■ **WHAT THE TASK ASKS**
Report every line below that carries the word "List".

═════ EXTRACTED RECORDS ═════

-- ===== src/Client/Stateless/Closing.antt =====
-- The stateless executor of src/solem_blip_ble/client_v2.py closes what it opens.
use Prim.Native.Nat.{◌≤◌}
use solem_blip_ble.Common.{
  suc, ◌+◌, ◌≤◌, ◌≡◌, refl, sym, inl, inr, Bool, true, false, ◌&&◌, not, none, List, [], ◌∷◌, arith,
  Bool-cases, length,
}
use mathlib.Core.Path.{subst}
use solem_blip_ble.Client.Attempt.{
  verdict, transient, deadline, other, Race, returned, cancelled, timed_out, raised, dropped,
  Attempt, End, result, deadline_exceeded, verdict_raised, transient_raised, other_raised,
  cancel_raised, connections, disconnections,
}
use solem_blip_ble.Client.Stateless.{
  Link, Step, stop, again, turn, resumed, after_race, connected, closed, attempt, paused, attempts,
  run_operation,
}

turn-keeps :
    (P : Link → Type 0) (b : Bool) (expired : End × Link) (step : Step) (s' : Link)
    (later : End × Link)
    → P expired.1
    → P s'
    → P later.1
    → P (turn b expired step s' later).1
unfolding turn
turn-keeps P true expired step s' later x h l = x
turn-keeps P false expired (stop end) s' later x h l = h
turn-keeps P false expired again s' later x h l = l

-- What holds behind a cancelled pause and of the later turns holds behind the pause.
pub resumed-keeps {ℓ} :
    {S : Type ℓ} (P : End × S → Type 0) (e : Attempt) (last : Bool) (s : S) (later : End × S)
    → P (cancel_raised, s)
    → P later
    → P (resumed e last s later)
unfolding resumed
resumed-keeps P e last s later c l =
    elim (Bool-cases (e.pause_cancelled && (not e.expired_after && not last))) [
      | inl stops_here ↦ rw stops_here c
      | inr goes_on ↦ rw goes_on l
    ]

-- What an attempt and a pause keep, the loop keeps.
pub attempts-keeps :
    (P : Link → Type 0) (retry_safe : Bool) (es : List Attempt) (s : Link)
    → ((e : Attempt) (s : Link) → P s → P (attempt retry_safe e s).1)
    → ((expired last : Bool) (s : Link) → P s → P (paused expired last s))
    → P s
    → P (attempts retry_safe es s).1
unfolding attempts
attempts-keeps P retry_safe [] s ha hp h = h
attempts-keeps P retry_safe (e ∷ es) s ha hp h =
    let h' = ha e s h in
    let last : Bool = elim es [ [] ↦ true | x ∷ r ↦ false ] in
    let h'' = hp e.expired_after last (attempt retry_safe e s).1 h' in
    let rest =
      resumed-keeps (λ t. P t.1) e last (paused e.expired_after last (attempt retry_safe e s).1) _
        h'' (attempts-keeps P retry_safe es _ ha hp h'') in
    turn-keeps P e.expired_before _ (attempt retry_safe e s).0 _ _ h h' rest

-- No client is active, and every connection of the trace has been closed.
unfoldable pub IsSettled : Link → Type 0
IsSettled s = (s.active_client ≡ none) × (connections s.trace ≡ disconnections s.trace)

attempt-IsSettled :
    (retry_safe : Bool) (e : Attempt) (s : Link)
    → IsSettled s
    → IsSettled (attempt retry_safe e s).1
unfolding IsSettled attempt connections disconnections connected closed
attempt-IsSettled retry_safe e s (h, b) = ground arith

paused-IsSettled :
    (expired last : Bool) (s : Link) → IsSettled s → IsSettled (paused expired last s)
unfolding IsSettled paused connections disconnections
paused-IsSettled expired last s (h, b) = ground arith

-- However its attempts go, an operation on a client without an open link leaves no client active, and
-- it has disconnected as often as it has connected.
pub run_operation-IsSettled :
    (mock retry_safe : Bool) (first second third : Attempt) (s : Link)
    → IsSettled s
    → IsSettled (run_operation mock retry_safe first second third s).1
unfolding run_operation
run_operation-IsSettled true retry_safe first second third s h = h
run_operation-IsSettled false retry_safe first second third s h =
    attempts-keeps IsSettled retry_safe (first ∷ second ∷ third ∷ []) s
      (attempt-IsSettled retry_safe) paused-IsSettled h

attempt_connects :
    (retry_safe : Bool) (e : Attempt) (s : Link)
    → connections (attempt retry_safe e s).1.trace ≤ 1 + connections s.trace
unfolding attempt connections connected closed
attempt_connects retry_safe e s = ground arith

paused_connects :
    (expired last : Bool) (s : Link)
    → connections (paused expired last s).trace ≡ connections s.trace
unfolding paused connections
paused_connects expired last s = ground arith

pub attempts_connect :
    (retry_safe : Bool) (es : List Attempt) (s : Link)
    → connections (attempts retry_safe es s).1.trace ≤ length es + connections s.trace
unfolding attempts
attempts_connect retry_safe [] s = omega arith
attempts_connect retry_safe (e ∷ es) s =
    let last : Bool = elim es [ [] ↦ true | x ∷ r ↦ false ] in
    let h = attempt_connects retry_safe e s in
    let p = paused_connects e.expired_after last (attempt retry_safe e s).1 in
    let s'' = paused e.expired_after last (attempt retry_safe e s).1 in
    let later = attempts_connect retry_safe es s'' in
    let rest =
      resumed-keeps (λ t. connections t.1.trace ≤ length es + connections s''.trace) e last s''
        (attempts retry_safe es s'') (omega arith) later in
    turn-keeps (λ t. connections t.trace ≤ suc (length es) + connections s.trace) e.expired_before _
      (attempt retry_safe e s).0 _ _ (omega arith) (omega arith) (omega arith)

race_stops : (race : Race) → (end : End) × (after_race false race ≡ stop end)
unfolding after_race
race_stops returned = (result, refl)
race_stops cancelled = (cancel_raised, refl)
race_stops timed_out = (transient_raised, refl)
race_stops (dropped op) = (transient_raised, refl)
race_stops (raised verdict) = (verdict_raised, refl)
race_stops (raised transient) = (transient_raised, refl)
race_stops (raised deadline) = (deadline_exceeded, refl)
race_stops (raised other) = (other_raised, refl)

-- An unsafe attempt stops the loop.
pub unsafe_stops : (e : Attempt) (s : Link) → (end : End) × ((attempt false e s).0 ≡ stop end)
unfolding attempt after_race
unsafe_stops e s = elim (Bool-cases e.connects) [
  | inr c ↦ (transient_raised, rw c refl)
  | inl c ↦ elim (Bool-cases e.expired_on_connect) [
    | inl x ↦ (deadline_exceeded, rw (c, x) refl)
    | inr x ↦ let (end, eq) = race_stops e.race in (end, rw (c, x) eq)
  ]
]

turn_stops :
    (b : Bool) (end : End) (s s' : Link) (later later' : End × Link)
    → connections s'.trace ≤ 1 + connections s.trace
    → (connections (turn b (deadline_exceeded, s) (stop end) s' later).1.trace
        ≤ 1 + connections s.trace)
      × (turn b (deadline_exceeded, s) (stop end) s' later
          ≡ turn b (deadline_exceeded, s) (stop end) s' later')
unfolding turn
turn_stops true end s s' later later' h = (omega arith, refl)
turn_stops false end s s' later later' h = (h, refl)

-- Where a retry is not safe, an operation connects at most once, and what would happen to a second or
-- a third attempt has no influence on its outcome.
pub run_operation_unsafe :
    (mock : Bool) (first second third second' third' : Attempt) (s : Link)
    → (connections (run_operation mock false first second third s).1.trace
        ≤ 1 + connections s.trace)
      × (run_operation mock false first second third s
          ≡ run_operation mock false first second' third' s)
unfolding run_operation attempts
run_operation_unsafe true first second third second' third' s = (omega arith, refl)
run_operation_unsafe false first second third second' third' s =
    let (end, eq) = unsafe_stops first s in
    let h = attempt_connects false first s in
    let s' = attempt false first s in
    let s'' = paused first.expired_after false s'.1 in
    subst
      (λ step.
        (connections
            (turn first.expired_before (deadline_exceeded, s) step s'.1
              (resumed first false s'' (attempts false (second ∷ third ∷ []) s''))).1.trace
          ≤ 1 + connections s.trace)
        × (turn first.expired_before (deadline_exceeded, s) step s'.1
              (resumed first false s'' (attempts false (second ∷ third ∷ []) s''))
            ≡ turn first.expired_before (deadline_exceeded, s) step s'.1
                (resumed first false s'' (attempts false (second' ∷ third' ∷ []) s''))))
      (sym eq) (turn_stops first.expired_before end s _ _ _ h)

-- An operation connects at most three times.
pub run_operation_connects :
    (mock retry_safe : Bool) (first second third : Attempt) (s : Link)
    → connections (run_operation mock retry_safe first second third s).1.trace
      ≤ 3 + connections s.trace
unfolding run_operation
run_operation_connects true retry_safe first second third s = omega arith
run_operation_connects false retry_safe first second third s =
    attempts_connect retry_safe (first ∷ second ∷ third ∷ []) s
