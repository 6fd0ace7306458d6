-- ===== src/Client/Persistent/Held.antt =====
-- What the session of src/solem_blip_ble/client_persistent.py holds when an operation ends.
use solem_blip_ble.Common.{
  ◌≡◌, refl, ◌&&◌, inl, inr, Bool, true, false, none, List, [], ◌∷◌, arith, if◌then◌else◌,
  Option-cases, is_some,
}
use solem_blip_ble.Client.Attempt.{
  Race, returned, cancelled, timed_out, raised, dropped, Attempt, End, result, deadline_exceeded,
  verdict_raised, transient_raised, other_raised, cancel_raised,
}
use solem_blip_ble.Client.Stateless.{Step, stop, again, turn, resumed}
use solem_blip_ble.Client.Persistent.{
  Session, cancel_idle_task, is_reused, after_race, on_connection, attempt, paused, attempts,
  run_operation,
}

-- A result leaves a client held and the idle timer as configured; another end leaves no client.
unfoldable pub Matches : End → Session → Type 0
Matches result s = (is_some s.active_client ≡ true) × (s.idle_armed ≡ s.idle_release)
Matches deadline_exceeded s = s.active_client ≡ none
Matches verdict_raised s = s.active_client ≡ none
Matches transient_raised s = s.active_client ≡ none
Matches other_raised s = s.active_client ≡ none
Matches cancel_raised s = s.active_client ≡ none

-- The operation has returned in the turn in which the link drops: the client stays held.
abbrev pub returned_on_drop : Race → Bool
returned_on_drop returned = false
returned_on_drop cancelled = false
returned_on_drop timed_out = false
returned_on_drop (dropped op_returned) = op_returned
returned_on_drop (raised fault) = false

-- No pause is cancelled behind an attempt whose operation has returned in the turn of a drop. The last
-- attempt has no pause.
unfoldable pub AreUndisturbed : List Attempt → Type 0
AreUndisturbed [] = Unit
AreUndisturbed (e ∷ []) = Unit
AreUndisturbed (e ∷ x ∷ es) =
    (e.pause_cancelled && returned_on_drop e.race ≡ false) × AreUndisturbed (x ∷ es)

-- An attempt that goes on leaves no client, but for one that is `kept`.
unfoldable StopMatches : Bool → Step → Session → Type 0
unfolding Matches
StopMatches kept (stop end) s = Matches end s
StopMatches kept again s = kept ≡ false → s.active_client ≡ none

pub if-keeps {ℓ} :
    {A : Type ℓ} (P : A → Type 0) (b : Bool) (x y : A)
    → (b ≡ true → P x)
    → (b ≡ false → P y)
    → P (if b then x else y)
if-keeps P true x y hx hy = hx refl
if-keeps P false x y hx hy = hy refl

StepMatches : Bool → Step × Session → Type 0
unfolding StopMatches
StepMatches kept p = StopMatches kept p.0 p.1

EndMatches : End × Session → Type 0
unfolding Matches
EndMatches p = Matches p.0 p.1

-- The pauses that are left out above: where a retry is safe, the operation on a held client has
-- returned in the turn of the drop, and the pause behind it is cancelled, the cancelled operation
-- leaves that client held.
pub run_operation_holds_dropped :
    (first second third : Attempt) (s : Session)
    → is_reused first s ≡ true
    → first.expired_before ≡ false
    → first.expired_on_connect ≡ false
    → first.race ≡ dropped true
    → first.expired_after ≡ false
    → first.pause_cancelled ≡ true
    → ((run_operation false true first second third s).0 ≡ cancel_raised)
      × ((run_operation false true first second third s).1.active_client ≡ s.active_client)
      × (is_some s.active_client ≡ true)
unfolding run_operation attempts turn resumed attempt is_reused on_connection after_race paused
    cancel_idle_task
run_operation_holds_dropped first second third s r b x d a p = elim (Option-cases s.active_client) [
  | inl eq ↦ absurd (ground arith)
  | inr (c, eq) ↦ (ground arith, ground arith, rw eq refl)
]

═════

■ **REPLY TO THE EXERCISE**
  suc, ◌+◌, ◌≤◌, ◌≡◌, refl, sym, inl, inr, Bool, true, false, ◌&&◌, not, none, List, [], ◌∷◌, arith,
    (P : Link → Type 0) (retry_safe : Bool) (es : List Attempt) (s : Link)
    (retry_safe : Bool) (es : List Attempt) (s : Link)
  ◌≡◌, refl, ◌&&◌, inl, inr, Bool, true, false, none, List, [], ◌∷◌, arith, if◌then◌else◌,
unfoldable pub AreUndisturbed : List Attempt → Type 0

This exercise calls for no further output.